LESSONS FROM OSAMA'S KILLING

KALYANI SHANKAR


India does not need to be soft while dealing with terrorism or terrorists sheltered by Pakistan. Nor should India's politicians reduce national interest to what will fetch them votes in elections


While announcing the elimination of Osama bin Laden, US President Barack Obama has said with satisfaction that "justice has been done" to the 9/11 victims. It took almost 10 years for the US to relentlessly pursue the Al Qaeda leader and kill him in his hiding place in Pakistan in a dramatic manner.


Mr Obama and the Americans have much to rejoice. They have been able to teach a lesson to those who dared to attack the US. For them the security of every American is more important than anything else. While the Republicans and the Democrats are politically opposed, they work in unison where national security is concerned. In fact, the US law-makers have already begun to put pressure on the Obama Administration to get Islamabad's explanation about the presence of Osama bin Laden in Pakistan. The US has provided more than $20 billion in aid to Pakistan since 9/11. But Washington, DC needs Islamabad for its Afghan strategy.

Mr Obama is sure to get a second term for his courageous decision to go after Osama bin Laden hiding for the past five years in a villa surrounded by houses of retired Pakistani military officers in Abbottabad, 60 km away from Islamabad. However, the extent of collusion between Osama bin Laden, the Pakistani military and the intelligence agencies is a matter of debate.

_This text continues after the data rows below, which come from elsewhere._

-- ===== src/Correct/Caching/Interfaces.antt =====
-- `InMemoryProgramCache` and `LRUProgramCache` are program caches: each keeps the laws of the interface.
use mathlib.Core.Path.{subst}
use risk_engine.Prelude.{
  ℕ, zero, suc, ◌≡◌, refl, sym, ◌∙◌, Option, none, some, List, [], ◌∷◌, Str, str_eq, Bool-cases,
  Option-cases, inl, inr, take, eq_of_str_eq,
}
use risk_engine.Prelude.Int.{ℤ}
use risk_engine.GoMap.{find, put, remove, Once, string_keys, find-put, find-remove}
use risk_engine.Cache.Lru
use risk_engine.Cache.Lru.{LruProgramCache, new_lru_program_cache}
use risk_engine.Cache.Memory
use risk_engine.Cache.Memory.{InMemoryProgramCache, new_in_memory_program_cache}
use risk_engine.Engine.{ProgramCache}
use risk_engine.Correct.Caching.Elements.{entries}
use risk_engine.Correct.Caching.Eviction.{entries-Once}
use risk_engine.Correct.Caching.Recency.{
  IsConsistent, get_key, set_key, touch, serve-Serves, new_lru_program_cache-IsConsistent,
}

-- What holds of all that a map has.
abbrev pub Everywhere : {V : Type 0} → (Str → V → Type 0) → List (Str × V) → Type 0
Everywhere P m = (k : Str) (v : _) → find k m ≡ some v → P k v

module _ {V : Type 0} (P : Str → V → Type 0) where
  some_same : {a b : V} → some a ≡ some b → a ≡ b
  some_same h = cc

  nothing : {v : V} → none ≡ some v → ⊥
  nothing h = cc

  put-Everywhere :
      (k : Str) (v : V) (m : List (Str × V)) → Everywhere P m → P k v → Everywhere P (put k v m)
  put-Everywhere k v m h p j w found = elim (Bool-cases (str_eq k j)) [
    | inl e ↦
        let same : some v ≡ some w = sym (find-put k j v m ∙ rw e refl) ∙ found in
        subst (λ x. P j x) (some_same same) (subst (λ x. P x v) (eq_of_str_eq k j e) p)
    | inr e ↦ h j w (sym (find-put k j v m ∙ rw e refl) ∙ found)
  ]

  remove-Everywhere :
      (k : Str) (m : List (Str × V)) → Once m → Everywhere P m → Everywhere P (remove k m)
  remove-Everywhere k m once h j w found = elim (Bool-cases (str_eq k j)) [
    | inl e ↦ absurd (nothing (sym (find-remove k j m once ∙ rw e refl) ∙ found))
    | inr e ↦ h j w (sym (find-remove k j m once ∙ rw e refl) ∙ found)
  ]

  cons-Everywhere :
      (k : Str) (v : V) (m : List (Str × V)) → Everywhere P m → P k v → Everywhere P ((k, v) ∷ m)
  unfolding find
  cons-Everywhere k v m h p j w found = elim (Bool-cases (str_eq k j)) [
    | inl e ↦
        let same : some v ≡ some w = (rw (find, e) at found) in
        subst (λ x. P j x) (some_same same) (subst (λ x. P x v) (eq_of_str_eq k j e) p)
    | inr e ↦ h j w (rw (find, e) at found)
  ]

  pub find-take :
      (n : ℕ) (m : List (Str × V)) (k : Str) (v : V)
      → find k (take n m) ≡ some v
      → find k m ≡ some v
  unfolding find
  find-take zero m k v h = cc
  find-take (suc n) [] k v h = cc
  find-take (suc n) ((j, w) ∷ m) k v h = elim (Bool-cases (str_eq j k)) [
    | inl e ↦ rw (find, e) (rw (find, e) at h)
    | inr e ↦ rw (find, e) (find-take n m k v (rw (find, e) at h))
  ]

  touch-Everywhere :
      (k : Str) (o : Option V) (m : List (Str × V))
      → find k m ≡ o
      → Once m
      → Everywhere P m
      → Everywhere P (touch k o m)
  touch-Everywhere k none m e once h = h
  touch-Everywhere k (some v) m e once h =
      cons-Everywhere k v (remove k m) (remove-Everywhere k m once h) (h k v e)

  abbrev pub LruHolds : LruProgramCache V → Type 0
  LruHolds c = IsConsistent c × Everywhere P (entries c.order)

  pub lru_get-Holds : (k : Str) (c : LruProgramCache V) → LruHolds c → LruHolds (Lru.get k c).1
  lru_get-Holds k c (ok, h) =
      let (ok', cap, answer, state) = serve-Serves c ok (get_key k) in
      (
        ok',
        subst (Everywhere P) (sym state) (
            touch-Everywhere k (find k (entries c.order)) (entries c.order) refl
              (entries-Once c.order ok.index.keys_once) h),
      )

  pub lru_get_found :
      (k : Str) (c : LruProgramCache V) (v : V) → LruHolds c → (Lru.get k c).0 ≡ some v → P k v
  lru_get_found k c v (ok, h) found =
      let (ok', cap, answer, state) = serve-Serves c ok (get_key k) in h k v (sym answer ∙ found)

  pub lru_set-Holds :
      (k : Str) (v : V) (c : LruProgramCache V) → LruHolds c → P k v → LruHolds (Lru.set k v c)
  lru_set-Holds k v c (ok, h) p =
      let (ok', cap, answer, state) = serve-Serves c ok (set_key k v) in
      (
        ok',
        subst (Everywhere P) (sym state) λ j w found.
            cons-Everywhere k v (remove k (entries c.order))
              (remove-Everywhere k (entries c.order) (entries-Once c.order ok.index.keys_once) h) p
              j w (find-take c.capacity ((k, v) ∷ remove k (entries c.order)) j w found),
      )

  memory_get :
      (k : Str) (c : InMemoryProgramCache V)
      → ((Memory.get k c).0 ≡ find k c.items) × ((Memory.get k c).1.items ≡ c.items)
  unfolding Memory.get
  memory_get k c = elim (Option-cases (find k c.items)) [
    | inl e ↦ rw (Memory.get, e) (refl, refl)
    | inr (v, e) ↦ rw (Memory.get, e) (refl, refl)
  ]

  pub lru_new : (capacity : ℤ) → LruHolds (new_lru_program_cache capacity)
  unfolding new_lru_program_cache find
  lru_new capacity =
      (new_lru_program_cache-IsConsistent capacity, λ k v h. absurd (let g = h in cc))

  pub memory_new : Everywhere P []
  unfolding find
  memory_new k v h = cc

  pub memory_get-Holds :
      (k : Str) (c : InMemoryProgramCache V)
      → Everywhere P c.items
      → Everywhere P (Memory.get k c).1.items
  memory_get-Holds k c h = subst (Everywhere P) (sym (memory_get k c).1) h

  pub memory_get_found :
      (k : Str) (c : InMemoryProgramCache V) (v : V)
      → Everywhere P c.items
      → (Memory.get k c).0 ≡ some v
      → P k v
  memory_get_found k c v h found = h k v (sym (memory_get k c).0 ∙ found)

  pub memory_set-Holds :
      (k : Str) (v : V) (c : InMemoryProgramCache V)
      → Everywhere P c.items
      → P k v
      → Everywhere P (Memory.set k v c).items
  unfolding Memory.set
  memory_set-Holds k v c h p = put-Everywhere k v c.items h p

-- `NewLRUProgramCache` behind the interface.
abbrev pub lru_cache : {V : Type 0} → ℤ → ProgramCache V
lru_cache {V} capacity = record {
  State = LruProgramCache V;
  get = Lru.get;
  set = Lru.set;
  Holds = λ P c. LruHolds P c;
  new = new_lru_program_cache capacity;
  new-Holds = λ P. lru_new P capacity;
  get-Holds = λ P k c h. lru_get-Holds P k c h;
  get_found = λ P k c v h found. lru_get_found P k c v h found;
  set-Holds = λ P k v c h p. lru_set-Holds P k v c h p;
}

-- `NewInMemoryProgramCache` behind the interface.
abbrev pub in_memory_cache : {V : Type 0} → ProgramCache V
in_memory_cache {V} = record {
  State = InMemoryProgramCache V;
  get = Memory.get;
  set = Memory.set;
  Holds = λ P c. Everywhere P c.items;
  new = new_in_memory_program_cache;
  new-Holds = λ P. memory_new P;
  get-Holds = λ P k c h. memory_get-Holds P k c h;
  get_found = λ P k c v h found. memory_get_found P k c v h found;
  set-Holds = λ P k v c h p. memory_set-Holds P k v c h p;
}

Is there a lesson for India to learn from the elimination of Osama bin Laden? What about justice to our own victims of the Mumbai terror attack? What about justice to the victims of the Parliament House attack in which security guards and Parliament staff gave their lives while dealing with the terrorists.


One might argue that New Delhi has adopted the due process of law. Agreed that these culprits have gone through the judicial process but why is not justice being done after the courts have pronounced the death sentence to Afzal Guru who has been held guilty of plotting the attack on Parliament House? The mercy plea is still awaiting a presidential decision. How come Dawood Ibrahim, mastermind of the Mumbai 1993 bombings, is walking free in Pakistan?

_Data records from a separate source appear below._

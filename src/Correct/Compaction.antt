-- ===== src/Correct/Compaction.antt =====
-- factorengine/bytecode.go, `optimizeInstructions`: what is left, and where.
use risk_engine.Prelude.{
  ℕ, zero, suc, ◌+◌, ◌≡◌, refl, ◌∙◌, ap, true, false, not, ◌==◌, leb, some, List, [], ◌∷◌, length,
  get_elem?, arith, Bool-cases, inl, inr, if◌then◌else◌,
}
use risk_engine.Bytecode.{OpCode, Instruction}
use risk_engine.Bytecode.Peephole.{
  keeps, index_map, is_jump, retarget, compact, optimize_instructions,
}

-- A jump to the next instruction, at index `p`.
abbrev pub IsIdle : ℕ → Instruction → Type 0
IsIdle p x = (x.op ≡ OpCode.jump) × (x.arg ≡ suc p)

-- An instruction whose target, if it has one in a program of `n` instructions, has moved.
abbrev pub moved : (ℕ → ℕ) → ℕ → Instruction → Instruction
moved place n x = elim x.op [
  | OpCode.jump ↦ if leb x.arg n then record x { arg = place x.arg } else x
  | OpCode.jump_if_false ↦ if leb x.arg n then record x { arg = place x.arg } else x
  | OpCode.jump_if_true ↦ if leb x.arg n then record x { arg = place x.arg } else x
  | _ ↦ x
]

-- `out` is `code` without its jumps to the next instruction: `place p` is where the instruction at `p` goes,
-- or, when it is dropped, where the next one goes; what stays is the same instruction, and a target goes
-- where its instruction goes.
pub record Compacts (code out : List Instruction) : Type 0 where
  pub place : ℕ → ℕ
  pub starts : place 0 ≡ 0
  pub ends : length out ≡ place (length code)
  pub dropped :
      (p : ℕ) (x : Instruction) → get_elem? code p ≡ some x → IsIdle p x → place (suc p) ≡ place p
  pub kept :
      (p : ℕ) (x : Instruction)
      → get_elem? code p ≡ some x
      → (IsIdle p x → ⊥)
      → (place (suc p) ≡ suc (place p))
        × (get_elem? out (place p) ≡ some (moved place (length code) x))

keeps-IsIdle : (p : ℕ) (x : Instruction) → IsIdle p x → keeps p x ≡ false
unfolding keeps
keeps-IsIdle p x (e, f) = rw (keeps, e, f) (equal_false (suc p))
  where
    equal_false : (n : ℕ) → not (n == n) ≡ false
    equal_false n = ground arith

IsIdle-cases : (p : ℕ) (x : Instruction) → keeps p x ≡ false → IsIdle p x
unfolding keeps
IsIdle-cases p x h = by_op x.op refl
  where
    equal : not (x.arg == suc p) ≡ false → x.arg ≡ suc p
    equal g = ground arith

    by_op : (o : OpCode) → x.op ≡ o → IsIdle p x
    by_op OpCode.jump e = (e, equal (rw (keeps, e) at h))
    by_op o e = absurd (let g = (rw (keeps, e) at h) in cc)

some_same : {a b : Instruction} → some a ≡ some b → a ≡ b
some_same e = cc

one_more : (n : ℕ) → 1 + n ≡ suc n
one_more n = omega arith

zero_more : (n : ℕ) → 0 + n ≡ n
zero_more n = omega arith

-- One more place for an instruction that stays.
index_map-next :
    (i p : ℕ) (xs : List Instruction) (x : Instruction)
    → get_elem? xs p ≡ some x
    → index_map i xs (suc p) ≡ index_map i xs p + (if keeps (i + p) x then 1 else 0)
unfolding index_map
index_map-next i p [] x h = cc
index_map-next i zero (y ∷ ys) x h =
    let same : y ≡ x = some_same h in rw (at_start i, same, none_before (suc i) ys) (omega arith)
  where
    at_start : (n : ℕ) → n + 0 ≡ n
    at_start n = omega arith

    none_before : (n : ℕ) (zs : List Instruction) → index_map n zs 0 ≡ 0
    none_before n [] = refl
    none_before n (z ∷ zs) = refl
index_map-next i (suc p) (y ∷ ys) x h =
    let next = index_map-next (suc i) p ys x h in
    let along : suc i + p ≡ i + suc p = omega arith in
    let next' = (rw along at next) in (λ j. (if keeps i y then 1 else 0) + next' j) ∙ omega arith

retarget-moved :
    (all : List Instruction) (x : Instruction)
    → retarget all x ≡ moved (index_map 0 all) (length all) x
unfolding retarget is_jump
retarget-moved all x = by_op x.op refl
  where
    by_op : (o : OpCode) → x.op ≡ o → retarget all x ≡ moved (index_map 0 all) (length all) x
    by_op OpCode.jump e = rw (retarget, e, is_jump) refl
    by_op OpCode.jump_if_false e = rw (retarget, e, is_jump) refl
    by_op OpCode.jump_if_true e = rw (retarget, e, is_jump) refl
    by_op o e = rw (retarget, e, is_jump) refl

module _ (all : List Instruction) where
  length-compact :
      (i : ℕ) (xs : List Instruction) → length (compact all i xs) ≡ index_map i xs (length xs)
  unfolding compact index_map
  length-compact i [] = refl
  length-compact i (x ∷ xs) = elim (Bool-cases (keeps i x)) [
    | inl e ↦ rw (compact, e, index_map) (let g = length-compact (suc i) xs in omega arith)
    | inr e ↦ rw (compact, e, index_map) (let g = length-compact (suc i) xs in omega arith)
  ]

  get_elem?-compact :
      (i p q : ℕ) (xs : List Instruction) (x : Instruction)
      → get_elem? xs p ≡ some x
      → q ≡ i + p
      → keeps q x ≡ true
      → get_elem? (compact all i xs) (index_map i xs p) ≡ some (retarget all x)
  unfolding compact index_map
  get_elem?-compact i p q [] x h same k = cc
  get_elem?-compact i zero q (y ∷ ys) x h same k =
      let stays : keeps i y ≡ true =
        ap (λ n. keeps n y) (at_start i q same) ∙ ap (keeps q) (some_same h) ∙ k in
      rw (compact, stays) (ap (λ z. some (retarget all z)) (some_same h))
    where
      at_start : (a b : ℕ) → b ≡ a + 0 → a ≡ b
      at_start a b e = omega arith
  get_elem?-compact i (suc p) q (y ∷ ys) x h same k = elim (Bool-cases (keeps i y)) [
    | inl e ↦
        rw (compact, e, index_map, one_more (index_map (suc i) ys p))
          (get_elem?-compact (suc i) p q ys x h (omega arith) k)
    | inr e ↦
        rw (compact, e, index_map, zero_more (index_map (suc i) ys p))
          (get_elem?-compact (suc i) p q ys x h (omega arith) k)
  ]

-- `optimizeInstructions` drops the jumps to the next instruction and no other instruction, in order, and
-- every jump goes where its target has gone.
pub optimize_instructions-Compacts :
    (code : List Instruction) → Compacts code (optimize_instructions code)
unfolding optimize_instructions
optimize_instructions-Compacts code = record {
  place = index_map 0 code;
  starts = none_before code;
  ends = length-compact code 0 code;
  dropped = λ p x at idle.
      index_map-next 0 p code x at
      ∙ ap (λ b. index_map 0 code p + (if b then 1 else 0)) (gone p x idle)
      ∙ (let g : index_map 0 code p + 0 ≡ index_map 0 code p = omega arith in g);
  kept = λ p x at busy.
      let k = stays p x busy in
      (
        index_map-next 0 p code x at
            ∙ ap (λ b. index_map 0 code p + (if b then 1 else 0)) (stays' p x busy)
            ∙ (let g : index_map 0 code p + 1 ≡ suc (index_map 0 code p) = omega arith in g),
        get_elem?-compact code 0 p p code x at (omega arith) k ∙ ap some (retarget-moved code x),
      );
}
  where
    none_before : (zs : List Instruction) → index_map 0 zs 0 ≡ 0
    none_before [] = refl
    none_before (z ∷ zs) = refl

    gone : (p : ℕ) (x : Instruction) → IsIdle p x → keeps (0 + p) x ≡ false
    gone p x idle = ap (λ n. keeps n x) (zero_more p) ∙ keeps-IsIdle p x idle

    stays : (p : ℕ) (x : Instruction) → (IsIdle p x → ⊥) → keeps p x ≡ true
    stays p x busy = elim (Bool-cases (keeps p x)) [
      | inl e ↦ e
      | inr e ↦ absurd (busy (IsIdle-cases p x e))
    ]

    stays' : (p : ℕ) (x : Instruction) → (IsIdle p x → ⊥) → keeps (0 + p) x ≡ true
    stays' p x busy = ap (λ n. keeps n x) (zero_more p) ∙ stays p x busy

Already people have started questioning the delay in punishing Afzal Guru and the murmurs will grow further in the coming months after Osama bin Laden's killing. India's political class is hesitant to use force to punish terrorists. India's military chiefs had suggested surgical strikes across the border after the Mumbai terror attack and Parliament House attack but the political leadership on both occasions lacked nerves and capitulated under pressure from the US and other foreign Governments.

 

Unfortunately, the politicians seem to be confused about justice to the culprits and their vote-bank politics. This is true of Afzal Guru or Ajmal Kasab as the politicians worry more about their votes rather than giving exemplary punishment to the terrorists. The national parties like the Congress and the BJP are seen to be pleading for or against the punishment to Afzal Guru, keeping in mind their vote-banks. What is the religion of terrorists? Things that affect the national security should not be confused with religion or vote-banks. Politicians should allow the law to take its own course. India should learn a lesson or two from the Americans and the Israelis who have shown time and again that non-state actors who indulge in terrorism will not be tolerated.

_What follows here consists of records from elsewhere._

-- ===== src/Correct/Needs.antt =====
-- The room that an expression takes on the stack, and what its parts leave there.
use Prim.Native.Nat.{max}
use risk_engine.Prelude.{ℕ, ◌+◌, ◌*◌, ◌≤◌, ◌≡◌, refl, List, [], ◌∷◌, Str, length, arith, sym, ◌∙◌}
use risk_engine.Outcome.{Outcome, ok, err, panic, ◌>>=◌, bind_assoc, bind-eq-ok}
use risk_engine.Value.{Value, str, ValueMap, insert}
use risk_engine.Accessor.{EvalContext}
use risk_engine.Runtime.{Floats}
use risk_engine.Bound.{
  BoundExpr, literal, factor_ref, unary, binary, conditional, function_call, list, map, BoundExprs,
  nil, cons, BoundEntries, empty, entry, args_length, entries_length, eval, eval_args, eval_entries,
}
use risk_engine.Bytecode.Vm.{build_map}

-- A bound of the depth that the evaluation of an expression adds to the stack.
abbrev mutual
  pub stack_need : {D : Type 0} → BoundExpr D → ℕ
  stack_need (literal v t f) = 1
  stack_need (factor_ref r a t f) = 1
  stack_need (unary op e t f ev) = max 1 (stack_need e)
  stack_need (binary op l r t f ev) = max 1 (max (stack_need l) (1 + stack_need r))
  stack_need (conditional c a b t f) =
      max 1 (max (stack_need c) (max (stack_need a) (stack_need b)))
  stack_need (function_call name args t f ev) = max 1 (stack_need_args args)
  stack_need (list es t u f) = max 1 (stack_need_args es)
  stack_need (map es t u f) = max 1 (stack_need_entries es)

  pub stack_need_args : {D : Type 0} → BoundExprs D → ℕ
  stack_need_args nil = 0
  stack_need_args (cons e es) = max (stack_need e) (1 + stack_need_args es)

  pub stack_need_entries : {D : Type 0} → BoundEntries D → ℕ
  stack_need_entries empty = 0
  stack_need_entries (entry k e es) = max (max 1 (1 + stack_need e)) (2 + stack_need_entries es)

module _ {D : Type 0} where
  pub stack_need-pos : (e : BoundExpr D) → 1 ≤ stack_need e
  stack_need-pos (literal v t f) = omega arith
  stack_need-pos e = omega arith

  pub args_length-le : (es : BoundExprs D) → args_length es ≤ stack_need_args es
  args_length-le nil = omega arith
  args_length-le (cons e es) = omega (arith, args_length-le es)

  pub entries_length-le : (es : BoundEntries D) → entries_length es * 2 ≤ stack_need_entries es
  entries_length-le empty = omega arith
  entries_length-le (entry k e es) = omega (arith, entries_length-le es)

module _ {D : Type 0} ⦃fl : Floats D⦄ where
  pub length-eval_args :
      (es : BoundExprs D) (ctx : EvalContext D) {vs : List (Value D)}
      → eval_args es ctx ≡ ok vs
      → length vs ≡ args_length es
  unfolding eval
  length-eval_args nil ctx h = ground arith
  length-eval_args (cons e es) ctx {vs} h =
      let (v, _, h₁) = bind-eq-ok (eval e ctx) (λ v. eval_args es ctx >>= λ vs. ok (v ∷ vs)) h in
      let (ws, h₂, h₃) = bind-eq-ok (eval_args es ctx) (λ vs. ok (v ∷ vs)) h₁ in
      let ih = length-eval_args es ctx h₂ in ground (arith, ih)

  -- A key together with the value of its entry.
  abbrev pub key_value : Str → Outcome (Value D) → Outcome (Value D × Value D)
  key_value k (ok v) = ok (str k, v)
  key_value k (err x) = err x
  key_value k panic = panic

  -- The keys and values of a map literal, in the order in which they are pushed.
  unfoldable pub entry_values : BoundEntries D → EvalContext D → Outcome (List (Value D))
  entry_values empty ctx = ok []
  entry_values (entry k e es) ctx =
      key_value k (eval e ctx) >>= λ kv. entry_values es ctx >>= λ vs. ok (kv.0 ∷ kv.1 ∷ vs)

  pub length-entry_values :
      (es : BoundEntries D) (ctx : EvalContext D) {vs : List (Value D)}
      → entry_values es ctx ≡ ok vs
      → length vs ≡ entries_length es * 2
  unfolding entry_values
  length-entry_values empty ctx h = ground arith
  length-entry_values (entry k e es) ctx {vs} h =
      let (kv, _, h₁) =
        bind-eq-ok (key_value k (eval e ctx))
          (λ kv. entry_values es ctx >>= λ vs. ok (kv.0 ∷ kv.1 ∷ vs)) h in
      let (ws, h₂, h₃) = bind-eq-ok (entry_values es ctx) (λ vs. ok (kv.0 ∷ kv.1 ∷ vs)) h₁ in
      let ih = length-entry_values es ctx h₂ in ground (arith, ih)

  -- One entry: what the loop does with its value, and what is pushed.
  build_entry :
      (k : Str) (es : BoundEntries D) (ctx : EvalContext D) (m : ValueMap D) (o : Outcome (Value D))
      → ((v : Value D)
          → eval_entries es ctx (insert k v m)
            ≡ (entry_values es ctx >>= λ vs. build_map vs (insert k v m)))
      → (o >>= λ v. eval_entries es ctx (insert k v m)) ≡ (
          key_value k o >>= (λ kv. entry_values es ctx >>= λ vs. ok (kv.0 ∷ kv.1 ∷ vs)) >>= λ vs.
          build_map vs m)
  unfolding build_map
  build_entry k es ctx m (ok v) ih =
      ih v
      ∙ sym (bind_assoc (entry_values es ctx) (λ vs. ok (str k ∷ v ∷ vs)) (λ vs. build_map vs m))
  build_entry k es ctx m (err x) ih = refl
  build_entry k es ctx m panic ih = refl

  -- The map of the entries is built from those.
  pub eval_entries-build_map :
      (es : BoundEntries D) (ctx : EvalContext D) (m : ValueMap D)
      → eval_entries es ctx m ≡ (entry_values es ctx >>= λ vs. build_map vs m)
  unfolding eval entry_values build_map
  eval_entries-build_map empty ctx m = refl
  eval_entries-build_map (entry k e es) ctx m =
      build_entry k es ctx m (eval e ctx) (λ v. eval_entries-build_map es ctx (insert k v m))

Second, Osama bin Laden's exit and the way he was eliminated has provided an opportunity to India to send a message to Pakistan and the world on 26/11. It is bound to put pressure on the Manmohan Singh Government to rework its Pakistan policy as well as AfPak policy. As Mr Obama and his Secretary of State, Ms Hillary Clinton, hinted after the announcement of killing of Osama bin Laden, it is clear that the Americans need logistical support of Pakistan to deal with Afghanistan while Pakistanis need the American dollars for improving their economy and military strength. This mutual dependence on each other is going to continue for some more time and therefore the US will not push Pakistan beyond a point. New Delhi must use this opportunity to impress upon Washington and the international community the need to force Pakistan to deal with other terrorist outfits in a firm manner. Otherwise, Osama bin Laden may be dead but the jihadi terrorism may continue.


Third, while the US can declare with satisfaction that it has hunted down Osama and killed him, there is no such relief for New Delhi as we are still expecting Pakistan to deliver to the perpetrators of Mumbai terror attack. Moreover, proxy war on the Kashmir border still continues. Now is the time to build international pressure on Islamabad to deliver perpetrators of 26/11-terror attack to justice.


It is clear that so long as the Pakistan Army controls there could be no real change in India-Pakistan strategy. When the ISI could manage to keep out the American agencies from discovering the hiding place of Osama bin Laden for five years, how can one expect that it would deliver Lashkar-e-Tayyeba? One lesson from the American experience is that New Delhi should also explore other avenues, as simply depending upon Pakistani authorities is not going to yield results.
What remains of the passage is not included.